**Instructions for the task**
Here are some records. Transcribe all of them exactly.
__________
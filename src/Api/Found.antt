-- ===== src/Api/Found.antt =====
-- The terms that GET /terms/search of cpa_first/api/main.py finds.
use xeno_pre_test.Prelude.{
  ℕ, ◌≤◌, ◌≡◌, max, true, str_eq, List, String, All, All-keep, All-take, sorted, sorted-All, length,
  length-take, keep, arith, Bool-cases, inl, inr,
}
use xeno_pre_test.Api.Terms.{FullTerm, TermTests, is_hit, shown_before, search_terms}

module _ (T : TermTests) where
  -- Each term found has the query in one of its names, and there are as many as the limit says at most, one at least
  -- being allowed.
  pub search_terms_lem :
      (q : String) (limit : ℕ) (terms : List FullTerm)
      → All (λ t. is_hit T (T.strip q) t ≡ true) (search_terms T q limit terms)
        × (length (search_terms T q limit terms) ≤ max 1 limit)
  unfolding search_terms
  search_terms_lem q limit terms = elim (Bool-cases (str_eq (T.strip q) "")) [
    | inl e ↦ rw e (tt, omega arith)
    | inr e ↦
        let found = sorted (shown_before T (T.strip q)) (keep (is_hit T (T.strip q)) terms) in
        rw e (
          All-take _ (max 1 limit) found
              (sorted-All (shown_before T (T.strip q)) _ _ (All-keep (is_hit T (T.strip q)) terms)),
          omega (arith, length-take (max 1 limit) found),
        )
  ]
__________
**Reply**
filename src/Api/Found.antt
-- ===== src/Api/Found.antt =====
-- The terms that GET /terms/search of cpa_first/api/main.py finds.
use xeno_pre_test.Prelude.{
  ℕ, ◌≤◌, ◌≡◌, max, true, str_eq, List, String, All, All-keep, All-take, sorted, sorted-All, length,
  length-take, keep, arith, Bool-cases, inl, inr,
}
use xeno_pre_test.Api.Terms.{FullTerm, TermTests, is_hit, shown_before, search_terms}

module _ (T : TermTests) where
  -- Each term found has the query in one of its names, and there are as many as the limit says at most, one at least
  -- being allowed.
  pub search_terms_lem :
      (q : String) (limit : ℕ) (terms : List FullTerm)
      → All (λ t. is_hit T (T.strip q) t ≡ true) (search_terms T q limit terms)
        × (length (search_terms T q limit terms) ≤ max 1 limit)
  unfolding search_terms
  search_terms_lem q limit terms = elim (Bool-cases (str_eq (T.strip q) "")) [
    | inl e ↦ rw e (tt, omega arith)
    | inr e ↦
        let found = sorted (shown_before T (T.strip q)) (keep (is_hit T (T.strip q)) terms) in
        rw e (
          All-take _ (max 1 limit) found
              (sorted-All (shown_before T (T.strip q)) _ _ (All-keep (is_hit T (T.strip q)) terms)),
          omega (arith, length-take (max 1 limit) found),
        )
  ]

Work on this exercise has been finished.